Work order: Among these entries, count the lines containing the word "antt" and answer with only the number.

(Records to use Opens)

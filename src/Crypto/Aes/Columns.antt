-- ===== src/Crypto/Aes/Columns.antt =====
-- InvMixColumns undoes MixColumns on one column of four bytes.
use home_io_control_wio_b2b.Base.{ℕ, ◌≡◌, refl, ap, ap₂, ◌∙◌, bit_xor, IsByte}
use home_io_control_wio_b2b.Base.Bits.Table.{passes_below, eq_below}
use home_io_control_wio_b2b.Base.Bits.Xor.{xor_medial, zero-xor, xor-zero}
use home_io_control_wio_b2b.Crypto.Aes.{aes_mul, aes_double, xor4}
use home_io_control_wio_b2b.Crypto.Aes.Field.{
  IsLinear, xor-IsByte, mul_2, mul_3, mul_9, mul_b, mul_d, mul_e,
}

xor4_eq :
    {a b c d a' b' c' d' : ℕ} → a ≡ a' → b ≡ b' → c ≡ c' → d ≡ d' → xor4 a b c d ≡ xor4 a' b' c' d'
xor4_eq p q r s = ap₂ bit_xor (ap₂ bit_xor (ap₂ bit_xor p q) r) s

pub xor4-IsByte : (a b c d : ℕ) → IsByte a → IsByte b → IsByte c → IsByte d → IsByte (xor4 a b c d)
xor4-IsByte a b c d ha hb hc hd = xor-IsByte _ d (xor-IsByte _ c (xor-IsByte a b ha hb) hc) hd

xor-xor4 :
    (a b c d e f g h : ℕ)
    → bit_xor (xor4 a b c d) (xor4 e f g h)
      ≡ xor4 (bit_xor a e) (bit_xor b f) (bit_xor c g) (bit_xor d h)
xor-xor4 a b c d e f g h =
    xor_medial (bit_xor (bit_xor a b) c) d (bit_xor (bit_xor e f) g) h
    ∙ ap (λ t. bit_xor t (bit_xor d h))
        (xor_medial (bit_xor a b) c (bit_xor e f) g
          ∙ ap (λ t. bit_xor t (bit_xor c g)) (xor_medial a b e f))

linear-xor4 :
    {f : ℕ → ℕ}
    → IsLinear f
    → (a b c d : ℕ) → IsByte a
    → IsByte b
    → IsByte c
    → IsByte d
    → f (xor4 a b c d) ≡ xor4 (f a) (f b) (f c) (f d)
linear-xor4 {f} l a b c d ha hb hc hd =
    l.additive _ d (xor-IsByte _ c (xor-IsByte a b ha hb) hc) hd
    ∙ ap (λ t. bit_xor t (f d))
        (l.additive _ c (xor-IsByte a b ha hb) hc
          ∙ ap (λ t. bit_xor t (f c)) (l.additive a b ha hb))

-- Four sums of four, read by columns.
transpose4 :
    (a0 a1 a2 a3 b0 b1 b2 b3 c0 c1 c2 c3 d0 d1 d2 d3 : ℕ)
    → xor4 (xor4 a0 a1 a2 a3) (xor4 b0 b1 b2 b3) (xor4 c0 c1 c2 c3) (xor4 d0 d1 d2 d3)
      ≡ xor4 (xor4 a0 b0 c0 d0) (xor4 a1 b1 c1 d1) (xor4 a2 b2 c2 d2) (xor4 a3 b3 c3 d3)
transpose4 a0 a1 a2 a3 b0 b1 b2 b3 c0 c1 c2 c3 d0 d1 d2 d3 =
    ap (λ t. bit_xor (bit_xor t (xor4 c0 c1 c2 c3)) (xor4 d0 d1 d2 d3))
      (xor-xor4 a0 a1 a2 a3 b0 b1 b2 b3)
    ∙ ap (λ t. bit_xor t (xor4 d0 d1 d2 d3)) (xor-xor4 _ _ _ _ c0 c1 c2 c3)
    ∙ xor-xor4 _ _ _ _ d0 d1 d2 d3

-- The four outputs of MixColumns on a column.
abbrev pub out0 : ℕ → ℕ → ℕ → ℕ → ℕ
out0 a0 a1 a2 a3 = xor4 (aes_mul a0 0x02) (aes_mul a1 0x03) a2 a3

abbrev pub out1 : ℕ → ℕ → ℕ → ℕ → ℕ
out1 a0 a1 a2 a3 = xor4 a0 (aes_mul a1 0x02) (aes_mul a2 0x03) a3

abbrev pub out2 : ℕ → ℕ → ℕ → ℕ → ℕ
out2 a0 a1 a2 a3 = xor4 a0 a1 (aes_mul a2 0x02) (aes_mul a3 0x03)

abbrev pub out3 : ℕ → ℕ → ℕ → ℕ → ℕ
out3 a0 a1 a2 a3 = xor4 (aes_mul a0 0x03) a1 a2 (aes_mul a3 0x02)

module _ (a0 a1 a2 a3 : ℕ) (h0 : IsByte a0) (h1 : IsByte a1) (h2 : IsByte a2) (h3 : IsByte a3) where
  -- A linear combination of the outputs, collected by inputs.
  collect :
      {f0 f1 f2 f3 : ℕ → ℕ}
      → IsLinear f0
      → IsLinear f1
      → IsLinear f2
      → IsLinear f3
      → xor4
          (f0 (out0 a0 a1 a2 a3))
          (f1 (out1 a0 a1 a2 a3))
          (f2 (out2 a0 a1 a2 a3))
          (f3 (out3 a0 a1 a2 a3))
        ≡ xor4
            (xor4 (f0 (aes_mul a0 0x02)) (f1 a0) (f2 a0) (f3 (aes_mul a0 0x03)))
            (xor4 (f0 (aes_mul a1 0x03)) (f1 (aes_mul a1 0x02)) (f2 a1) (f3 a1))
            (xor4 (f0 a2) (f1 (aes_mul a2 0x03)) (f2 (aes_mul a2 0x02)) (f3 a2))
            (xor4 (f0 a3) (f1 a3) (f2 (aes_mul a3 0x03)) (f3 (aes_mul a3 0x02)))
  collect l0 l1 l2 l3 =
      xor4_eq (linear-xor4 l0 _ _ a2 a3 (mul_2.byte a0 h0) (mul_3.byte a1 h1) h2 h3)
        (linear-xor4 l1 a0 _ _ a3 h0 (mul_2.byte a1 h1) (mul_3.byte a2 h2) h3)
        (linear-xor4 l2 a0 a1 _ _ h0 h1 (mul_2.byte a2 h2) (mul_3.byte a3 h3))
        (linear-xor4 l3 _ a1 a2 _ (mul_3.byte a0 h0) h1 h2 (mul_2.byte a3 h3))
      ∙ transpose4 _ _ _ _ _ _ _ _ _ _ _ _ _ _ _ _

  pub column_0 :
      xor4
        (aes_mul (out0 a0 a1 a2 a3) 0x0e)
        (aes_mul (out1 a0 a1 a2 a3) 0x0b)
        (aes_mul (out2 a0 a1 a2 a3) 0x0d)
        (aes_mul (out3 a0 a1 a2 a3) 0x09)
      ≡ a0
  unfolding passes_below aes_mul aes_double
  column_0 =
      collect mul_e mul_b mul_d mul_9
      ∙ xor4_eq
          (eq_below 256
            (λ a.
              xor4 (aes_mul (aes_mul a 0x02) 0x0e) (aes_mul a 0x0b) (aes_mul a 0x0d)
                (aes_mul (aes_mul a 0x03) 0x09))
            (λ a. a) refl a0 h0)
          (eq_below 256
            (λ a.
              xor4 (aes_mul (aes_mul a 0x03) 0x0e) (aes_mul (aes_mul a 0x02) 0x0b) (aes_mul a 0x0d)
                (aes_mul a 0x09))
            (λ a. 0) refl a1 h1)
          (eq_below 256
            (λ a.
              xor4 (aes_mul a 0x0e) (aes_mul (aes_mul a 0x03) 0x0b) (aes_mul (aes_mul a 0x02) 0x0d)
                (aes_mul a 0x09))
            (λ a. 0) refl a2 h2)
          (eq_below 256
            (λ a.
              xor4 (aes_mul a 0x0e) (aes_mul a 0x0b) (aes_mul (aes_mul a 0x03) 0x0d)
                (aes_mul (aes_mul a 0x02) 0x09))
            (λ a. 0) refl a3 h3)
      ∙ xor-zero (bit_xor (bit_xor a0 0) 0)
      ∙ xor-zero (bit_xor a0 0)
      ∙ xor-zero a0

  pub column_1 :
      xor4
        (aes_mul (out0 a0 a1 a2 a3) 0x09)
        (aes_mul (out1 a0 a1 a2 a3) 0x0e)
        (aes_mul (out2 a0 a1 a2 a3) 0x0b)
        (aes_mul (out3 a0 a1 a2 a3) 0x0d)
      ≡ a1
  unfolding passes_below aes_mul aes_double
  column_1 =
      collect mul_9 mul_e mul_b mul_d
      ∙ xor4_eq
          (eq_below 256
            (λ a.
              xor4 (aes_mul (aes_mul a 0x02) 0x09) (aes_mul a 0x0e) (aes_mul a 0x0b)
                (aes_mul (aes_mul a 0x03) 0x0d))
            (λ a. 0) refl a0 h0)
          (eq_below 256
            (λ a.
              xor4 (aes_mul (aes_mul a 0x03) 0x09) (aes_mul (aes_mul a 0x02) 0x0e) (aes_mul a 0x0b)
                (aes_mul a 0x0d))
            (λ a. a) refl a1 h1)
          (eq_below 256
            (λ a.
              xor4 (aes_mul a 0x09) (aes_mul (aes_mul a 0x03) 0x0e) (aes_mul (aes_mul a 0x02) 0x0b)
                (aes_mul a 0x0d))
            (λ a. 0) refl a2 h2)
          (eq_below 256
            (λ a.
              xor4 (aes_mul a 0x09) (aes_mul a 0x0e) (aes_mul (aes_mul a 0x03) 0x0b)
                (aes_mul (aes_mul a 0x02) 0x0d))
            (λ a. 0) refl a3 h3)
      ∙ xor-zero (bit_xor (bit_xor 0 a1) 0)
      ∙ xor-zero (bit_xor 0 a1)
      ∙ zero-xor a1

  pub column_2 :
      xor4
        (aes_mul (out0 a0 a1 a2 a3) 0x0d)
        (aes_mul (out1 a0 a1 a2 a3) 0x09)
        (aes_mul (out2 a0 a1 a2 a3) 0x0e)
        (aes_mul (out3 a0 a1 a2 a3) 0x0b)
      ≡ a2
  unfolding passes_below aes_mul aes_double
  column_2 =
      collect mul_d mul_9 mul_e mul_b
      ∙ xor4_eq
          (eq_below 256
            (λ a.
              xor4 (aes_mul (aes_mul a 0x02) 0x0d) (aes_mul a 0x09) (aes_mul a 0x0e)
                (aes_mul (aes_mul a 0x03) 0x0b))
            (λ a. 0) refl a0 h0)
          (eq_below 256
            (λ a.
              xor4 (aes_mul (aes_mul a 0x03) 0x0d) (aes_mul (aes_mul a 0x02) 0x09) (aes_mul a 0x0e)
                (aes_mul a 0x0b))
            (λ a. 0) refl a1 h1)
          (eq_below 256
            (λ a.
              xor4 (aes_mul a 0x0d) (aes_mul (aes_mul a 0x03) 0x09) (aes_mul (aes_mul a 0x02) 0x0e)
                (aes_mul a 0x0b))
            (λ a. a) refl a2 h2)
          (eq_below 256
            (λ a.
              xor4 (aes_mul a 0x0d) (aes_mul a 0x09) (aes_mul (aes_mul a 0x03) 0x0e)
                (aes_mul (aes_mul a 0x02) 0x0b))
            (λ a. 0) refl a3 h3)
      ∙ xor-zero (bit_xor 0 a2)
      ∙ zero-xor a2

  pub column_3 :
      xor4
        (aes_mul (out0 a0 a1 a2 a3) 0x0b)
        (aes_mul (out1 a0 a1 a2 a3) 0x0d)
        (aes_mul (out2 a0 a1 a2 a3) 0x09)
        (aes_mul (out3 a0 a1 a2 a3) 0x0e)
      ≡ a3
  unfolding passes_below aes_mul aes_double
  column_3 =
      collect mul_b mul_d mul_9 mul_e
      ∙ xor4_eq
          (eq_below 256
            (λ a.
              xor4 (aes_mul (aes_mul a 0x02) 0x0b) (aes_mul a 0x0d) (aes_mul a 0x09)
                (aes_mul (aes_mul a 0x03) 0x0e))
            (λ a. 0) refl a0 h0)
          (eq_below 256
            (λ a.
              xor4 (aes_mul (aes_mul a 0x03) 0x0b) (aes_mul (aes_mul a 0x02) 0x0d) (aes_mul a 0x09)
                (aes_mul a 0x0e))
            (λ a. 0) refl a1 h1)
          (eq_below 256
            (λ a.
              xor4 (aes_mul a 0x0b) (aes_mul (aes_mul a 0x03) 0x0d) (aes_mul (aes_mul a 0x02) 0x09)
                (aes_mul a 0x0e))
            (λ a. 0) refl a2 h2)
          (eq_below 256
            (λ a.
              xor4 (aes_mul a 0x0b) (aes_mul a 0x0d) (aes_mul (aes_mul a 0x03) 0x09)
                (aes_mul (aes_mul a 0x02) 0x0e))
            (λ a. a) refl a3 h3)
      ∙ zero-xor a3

(Records to use Closes)
(Records to use Opens)

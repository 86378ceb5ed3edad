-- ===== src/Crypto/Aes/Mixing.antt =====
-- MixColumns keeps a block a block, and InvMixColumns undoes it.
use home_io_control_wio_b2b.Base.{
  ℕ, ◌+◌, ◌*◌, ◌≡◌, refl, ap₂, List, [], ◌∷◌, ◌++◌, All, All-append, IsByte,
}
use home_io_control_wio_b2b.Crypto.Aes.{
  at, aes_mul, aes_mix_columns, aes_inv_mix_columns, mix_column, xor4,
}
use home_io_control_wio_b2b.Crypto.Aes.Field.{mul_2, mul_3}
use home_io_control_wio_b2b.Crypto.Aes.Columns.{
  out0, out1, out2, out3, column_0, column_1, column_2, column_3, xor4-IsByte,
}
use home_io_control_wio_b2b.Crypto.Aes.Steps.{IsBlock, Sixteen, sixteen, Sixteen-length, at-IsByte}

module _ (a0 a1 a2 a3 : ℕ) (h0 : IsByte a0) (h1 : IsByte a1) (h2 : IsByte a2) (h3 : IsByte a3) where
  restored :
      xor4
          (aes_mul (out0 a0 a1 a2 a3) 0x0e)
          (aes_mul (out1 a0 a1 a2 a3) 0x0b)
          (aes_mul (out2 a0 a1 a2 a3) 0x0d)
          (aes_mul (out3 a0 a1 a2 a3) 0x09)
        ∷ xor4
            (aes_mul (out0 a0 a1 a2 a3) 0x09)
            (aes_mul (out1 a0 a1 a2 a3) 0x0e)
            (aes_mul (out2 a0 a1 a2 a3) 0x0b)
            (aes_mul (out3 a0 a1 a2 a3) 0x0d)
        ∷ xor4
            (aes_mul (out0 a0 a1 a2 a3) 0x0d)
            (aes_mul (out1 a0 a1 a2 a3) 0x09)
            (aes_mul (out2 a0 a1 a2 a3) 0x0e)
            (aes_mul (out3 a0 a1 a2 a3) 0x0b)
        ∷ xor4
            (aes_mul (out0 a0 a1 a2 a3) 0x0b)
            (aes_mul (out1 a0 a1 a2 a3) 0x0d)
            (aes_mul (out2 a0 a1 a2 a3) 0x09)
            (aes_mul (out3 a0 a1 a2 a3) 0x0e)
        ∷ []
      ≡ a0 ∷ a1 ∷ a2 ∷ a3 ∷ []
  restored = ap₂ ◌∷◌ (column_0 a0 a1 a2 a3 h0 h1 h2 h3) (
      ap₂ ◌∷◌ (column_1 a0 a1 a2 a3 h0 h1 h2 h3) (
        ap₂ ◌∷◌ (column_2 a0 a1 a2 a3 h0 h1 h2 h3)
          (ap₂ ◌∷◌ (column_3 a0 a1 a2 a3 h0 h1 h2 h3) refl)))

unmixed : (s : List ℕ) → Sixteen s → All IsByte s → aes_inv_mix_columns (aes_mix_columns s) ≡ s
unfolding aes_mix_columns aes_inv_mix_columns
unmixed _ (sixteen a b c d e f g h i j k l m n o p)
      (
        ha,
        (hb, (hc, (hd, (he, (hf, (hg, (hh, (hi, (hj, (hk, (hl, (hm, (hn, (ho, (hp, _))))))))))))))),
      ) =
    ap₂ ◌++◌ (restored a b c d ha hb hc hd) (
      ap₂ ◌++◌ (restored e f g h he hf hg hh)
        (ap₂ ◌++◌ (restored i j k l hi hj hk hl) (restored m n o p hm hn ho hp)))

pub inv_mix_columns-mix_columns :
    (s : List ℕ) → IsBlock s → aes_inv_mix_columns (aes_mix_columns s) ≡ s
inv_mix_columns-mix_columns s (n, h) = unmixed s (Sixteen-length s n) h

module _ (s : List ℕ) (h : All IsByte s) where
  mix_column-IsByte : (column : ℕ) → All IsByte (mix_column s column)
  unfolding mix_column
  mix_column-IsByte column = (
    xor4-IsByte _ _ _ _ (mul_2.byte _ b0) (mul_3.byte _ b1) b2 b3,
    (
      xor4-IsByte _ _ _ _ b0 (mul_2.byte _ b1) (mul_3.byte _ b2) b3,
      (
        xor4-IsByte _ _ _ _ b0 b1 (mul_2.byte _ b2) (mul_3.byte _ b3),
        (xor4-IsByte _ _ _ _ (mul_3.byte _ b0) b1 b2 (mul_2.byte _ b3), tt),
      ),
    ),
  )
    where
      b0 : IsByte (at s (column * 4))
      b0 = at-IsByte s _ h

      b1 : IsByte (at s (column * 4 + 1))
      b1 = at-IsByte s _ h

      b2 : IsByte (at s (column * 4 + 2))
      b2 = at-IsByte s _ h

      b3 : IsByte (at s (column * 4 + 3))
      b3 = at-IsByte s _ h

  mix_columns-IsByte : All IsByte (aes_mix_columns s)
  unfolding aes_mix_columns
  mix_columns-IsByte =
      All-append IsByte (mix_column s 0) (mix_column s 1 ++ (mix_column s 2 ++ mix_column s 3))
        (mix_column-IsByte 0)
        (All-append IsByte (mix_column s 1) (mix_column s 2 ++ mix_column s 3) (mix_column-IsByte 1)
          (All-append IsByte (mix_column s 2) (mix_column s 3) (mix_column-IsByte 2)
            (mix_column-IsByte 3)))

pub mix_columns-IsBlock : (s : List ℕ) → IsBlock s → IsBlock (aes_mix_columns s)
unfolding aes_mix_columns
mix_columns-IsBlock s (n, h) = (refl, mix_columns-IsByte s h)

(Records to use Closes)

Reply to the exercise: 3